# .NET and More > WPF, WCF, WF >  x:Light Alpha (Xaml Highlighter) Could you please test (Testing Finished)

## DeanMc

Update

Hi Guys,

I first of all would like to thank Chris and VBNeo for finding all the bugs present in the highlighter formula. x:Light has now gone BETA and I will begin to work on it from Friday the 20th of Feb. Unfortunately the AUP forbids me to upload a project without source code and since the source will largely be reworked I do not wish to upload it in its current form.

If you PM me I will be happy to provide the link to ALPHA V0.9 which is the release both Chris and VBNeo are using while the BETA is being worked on.
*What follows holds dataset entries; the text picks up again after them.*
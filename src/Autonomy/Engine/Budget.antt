-- ===== src/Autonomy/Engine/Budget.antt =====
-- What is left to do in a graph, as a number that no operation of a round raises.
use brainless_agent.Common.{
  ℕ, zero, suc, ◌+◌, ◌-◌, ◌*◌, ◌≤◌, ◌<◌, String, Bool, true, false, Option, none, some, ◌≡◌, refl,
  sym, ◌∙◌, subst, List, [], ◌∷◌, ◌++◌, key_error, arith, ◌==◌, Bool-cases, inl, inr, ltb,
  if◌then◌else◌, Result, Error, concat, pure, throw, some-injective, none≢some,
}
use brainless_agent.Common.Dict.{get, modify, keys}
use brainless_agent.Autonomy.TaskGraph.{
  GraphTask, GraphTaskStatus, TaskGraph, set_status, complete, fail, failing, block, block_loop,
  block_dependents, waits_for, depth,
}
use brainless_agent.Autonomy.Engine.{EngineWorld, settle_all}

-- Two for each retry that is left, and two more for a pending task, one more for a running one.
abbrev pub phase : GraphTaskStatus → ℕ
phase GraphTaskStatus.pending = 2
phase GraphTaskStatus.running = 1
phase status = 0

abbrev pub weight : GraphTask → ℕ
weight t = 2 * (t.max_retries - t.retries) + phase t.status

unfoldable pub total : TaskGraph → ℕ
total [] = 0
total ((k, t) ∷ g) = weight t + total g

found_here :
    (j k : String) (u : GraphTask) (g : TaskGraph) → (j == k) ≡ true → get k ((j, u) ∷ g) ≡ some u
unfolding get
found_here j k u g here = rw here refl

pub total-modify :
    (k : String) (f : GraphTask → GraphTask) (g : TaskGraph)
    → ((t : GraphTask) → get k g ≡ some t → weight (f t) ≤ weight t)
    → total (modify k f g) ≤ total g
unfolding total modify get
total-modify k f [] h = omega arith
total-modify k f ((j, t) ∷ g) h = elim (Bool-cases (j == k)) [
  | inl here ↦
      let le : weight (f t) ≤ weight t = h t (ground (arith, here)) in ground (arith, here, le)
  | inr other ↦
      let rest = total-modify k f g (λ u e. h u (ground (arith, other, e))) in
      ground (arith, other, rest)
]

pub total-modify_lt :
    (k : String) (f : GraphTask → GraphTask) (g : TaskGraph) (t : GraphTask)
    → get k g ≡ some t
    → weight (f t) < weight t
    → total (modify k f g) < total g
unfolding total modify get
total-modify_lt k f [] t e lt = absurd (none≢some e)
total-modify_lt k f ((j, u) ∷ g) t e lt = elim (Bool-cases (j == k)) [
  | inl here ↦
      let less : weight (f u) < weight u =
        subst (λ (x : GraphTask). weight (f x) < weight x)
          (some-injective (sym e ∙ found_here j k u g here)) lt in
      ground (arith, here, less)
  | inr other ↦
      let rest = total-modify_lt k f g t (ground (arith, other, e)) lt in
      ground (arith, other, rest)
]

weight-failing : (error : String) (t : GraphTask) → weight (failing error t) ≤ weight t
weight-failing error t = elim (Bool-cases (ltb t.retries t.max_retries)) [
  | inl left ↦ ground (arith, left)
  | inr out ↦ ground (arith, out)
]

weight-block : (reason : String) (t : GraphTask) → weight (block reason t) ≤ weight t
weight-block reason t = omega arith

-- One turn of `block_loop`, and all of them.
total-block_loop :
    (go : String → TaskGraph → TaskGraph)
    → ((c : String) (g : TaskGraph) → total (go c g) ≤ total g)
    → (task_id reason : String) (cs : List String) (g : TaskGraph)
    → total (block_loop go task_id reason cs g) ≤ total g
unfolding block_loop
total-block_loop go le task_id reason [] g = omega arith
total-block_loop go le task_id reason (c ∷ cs) g =
    let next = if waits_for task_id c g then go c (modify c (block reason) g) else g in
    omega (arith, total-block_loop go le task_id reason cs next, one (waits_for task_id c g))
  where
    one : (b : Bool) → total (if b then go c (modify c (block reason) g) else g) ≤ total g
    one false = omega arith
    one true = omega (
      arith,
      le c (modify c (block reason) g),
      total-modify c (block reason) g (λ t e. weight-block reason t),
    )

total-block_dependents :
    (fuel : ℕ) (task_id reason : String) (g : TaskGraph)
    → total (block_dependents fuel task_id reason g) ≤ total g
unfolding block_dependents
total-block_dependents zero task_id reason g = omega arith
total-block_dependents (suc fuel) task_id reason g =
    total-block_loop (λ c. block_dependents fuel c reason)
      (λ c h. total-block_dependents fuel c reason h) task_id reason (keys g) g

total-complete : (task_id : String) (g : TaskGraph) → total (complete task_id g).1 ≤ total g
unfolding complete throw pure
total-complete task_id g = go (get task_id g)
  where
    go :
        (o : Option GraphTask)
        → total
            (elim o as (λ x. Result (Unit {0}) × TaskGraph) [
              | none ↦ throw (key_error task_id) g
              | some task ↦ pure tt (modify task_id (set_status GraphTaskStatus.completed) g)
            ]).1
          ≤ total g
    go none = omega arith
    go (some t) = total-modify task_id (set_status GraphTaskStatus.completed) g (λ u e. omega arith)

total-fail : (task_id error : String) (g : TaskGraph) → total (fail task_id error g).1 ≤ total g
unfolding fail throw pure
total-fail task_id error g = go (get task_id g)
  where
    reason : String
    reason = concat "Dependency " (concat task_id " failed")

    marked : TaskGraph
    marked = modify task_id (failing error) g

    le : total (modify task_id (failing error) g) ≤ total g
    le = total-modify task_id (failing error) g (λ u e. weight-failing error u)

    either :
        (b : Bool)
        → total (if b then marked else block_dependents (depth g) task_id reason marked) ≤ total g
    either true = le
    either false = omega (arith, le, total-block_dependents (depth g) task_id reason marked)

    go :
        (o : Option GraphTask)
        → total
            (elim o as (λ x. Result (Unit {0}) × TaskGraph) [
              | none ↦ throw (key_error task_id) g
              | some task ↦ pure tt (
                  if ltb task.retries task.max_retries
                  then marked
                  else block_dependents (depth g) task_id reason marked)
            ]).1
          ≤ total g
    go none = omega arith
    go (some t) = either (ltb t.retries t.max_retries)

pub total-settle_all :
    {W : Type 0} (env : EngineWorld W) (outcomes : List (GraphTask × Option Error))
    (done : List String) (g : TaskGraph)
    → total (settle_all env outcomes done g).1 ≤ total g
unfolding settle_all
total-settle_all env [] done g = omega arith
total-settle_all env ((t, none) ∷ rest) done g = omega (
  arith,
  total-settle_all env rest (done ++ t.task_id ∷ []) (complete t.task_id g).1,
  total-complete t.task_id g,
)
total-settle_all env ((t, some e) ∷ rest) done g = omega (
  arith,
  total-settle_all env rest done (fail t.task_id (env.str e) g).1,
  total-fail t.task_id (env.str e) g,
)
Understand that by PM'ing me for the link you release any burden of responsibility from Jupitermedia or its partners as to the stability or validity of this software.

I will try to get the actual highlighting engine into BETA as quick as I can so that both the .DLL and all source material will be available to pull apart.

Thanks

DeanMc

PS: For those who have not seen this thread before x:Light is a Xaml highlighter based on the 3.5 framework and WPF. In order for you to be able to run x:Light you need to have the 3.5 framework installed, otherwise you will receive an error message. VBNeo's last code example is from version ALPHA V0.9.

----------


## DeanMc

ps: please add a plaintext snippet as well as a highlighted snippet of the Xaml that is giving you issue so I can test it, thanks guys!

----------


## chris128

I know I already mentioned these to you on MSN but just so that other people dont repeat them, here's the issues I found:


Tags with a "." in do not have anything after the "." coloured correctly.
Example Line:
*<Setter.Value>*

When copying and pasting from the Visual Studio XAML editor, the tab indentations are not retained.

Attribute values that start with the # symbol (such as colour values) do not get coloured correctly.
Example Line:
*<GradientStop Color="#FF6A6A6A" Offset="0" />*

----------


## DeanMc

cool, can you post [code] examples so I can get a visual! Thanks chris!

----------


## DeanMc

Ok chris thats both those issues fixed and also code tags are added, re uploading now!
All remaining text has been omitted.